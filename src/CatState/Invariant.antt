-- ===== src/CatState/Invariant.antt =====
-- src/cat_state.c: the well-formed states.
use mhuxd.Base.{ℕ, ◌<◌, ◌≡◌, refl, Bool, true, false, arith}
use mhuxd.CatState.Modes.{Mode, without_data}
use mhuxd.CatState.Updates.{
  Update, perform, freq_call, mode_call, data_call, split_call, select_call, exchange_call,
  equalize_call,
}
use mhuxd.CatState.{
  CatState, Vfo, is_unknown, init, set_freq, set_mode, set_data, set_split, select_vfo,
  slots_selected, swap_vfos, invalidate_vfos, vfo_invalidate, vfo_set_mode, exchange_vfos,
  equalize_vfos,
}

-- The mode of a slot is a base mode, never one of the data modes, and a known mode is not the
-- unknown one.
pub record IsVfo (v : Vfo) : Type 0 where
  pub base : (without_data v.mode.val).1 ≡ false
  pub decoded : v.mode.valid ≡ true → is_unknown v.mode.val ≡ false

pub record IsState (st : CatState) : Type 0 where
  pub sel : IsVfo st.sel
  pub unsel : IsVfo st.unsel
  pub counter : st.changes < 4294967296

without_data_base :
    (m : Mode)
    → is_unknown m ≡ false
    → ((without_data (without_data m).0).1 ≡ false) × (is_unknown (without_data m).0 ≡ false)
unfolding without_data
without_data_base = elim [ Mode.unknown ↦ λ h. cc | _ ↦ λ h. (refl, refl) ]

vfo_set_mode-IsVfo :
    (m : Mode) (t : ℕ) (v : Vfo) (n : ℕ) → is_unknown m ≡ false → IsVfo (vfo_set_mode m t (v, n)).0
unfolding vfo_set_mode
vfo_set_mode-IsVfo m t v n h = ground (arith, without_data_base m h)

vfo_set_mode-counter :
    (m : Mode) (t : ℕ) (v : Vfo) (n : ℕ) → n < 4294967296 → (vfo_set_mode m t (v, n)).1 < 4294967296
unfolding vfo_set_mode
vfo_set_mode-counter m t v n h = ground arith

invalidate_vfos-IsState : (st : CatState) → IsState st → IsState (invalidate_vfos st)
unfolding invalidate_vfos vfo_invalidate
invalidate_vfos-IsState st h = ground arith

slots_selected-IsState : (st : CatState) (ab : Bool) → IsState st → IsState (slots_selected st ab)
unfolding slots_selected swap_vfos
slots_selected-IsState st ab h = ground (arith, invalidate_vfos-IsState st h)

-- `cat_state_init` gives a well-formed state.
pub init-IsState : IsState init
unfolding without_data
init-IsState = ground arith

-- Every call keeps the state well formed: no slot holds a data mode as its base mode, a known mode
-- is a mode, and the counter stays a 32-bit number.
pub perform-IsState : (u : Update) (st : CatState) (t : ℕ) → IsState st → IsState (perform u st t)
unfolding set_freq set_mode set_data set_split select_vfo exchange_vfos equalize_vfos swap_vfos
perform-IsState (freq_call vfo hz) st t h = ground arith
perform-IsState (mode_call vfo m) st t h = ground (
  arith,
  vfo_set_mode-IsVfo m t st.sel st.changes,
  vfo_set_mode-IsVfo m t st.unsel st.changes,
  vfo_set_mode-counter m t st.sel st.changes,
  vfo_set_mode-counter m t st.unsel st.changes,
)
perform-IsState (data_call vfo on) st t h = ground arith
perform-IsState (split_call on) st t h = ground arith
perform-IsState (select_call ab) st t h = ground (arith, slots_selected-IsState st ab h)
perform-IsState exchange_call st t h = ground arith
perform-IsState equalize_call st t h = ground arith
####
If a line contains the word "antt", it counts; please state how many such lines the records above have, and nothing more.

2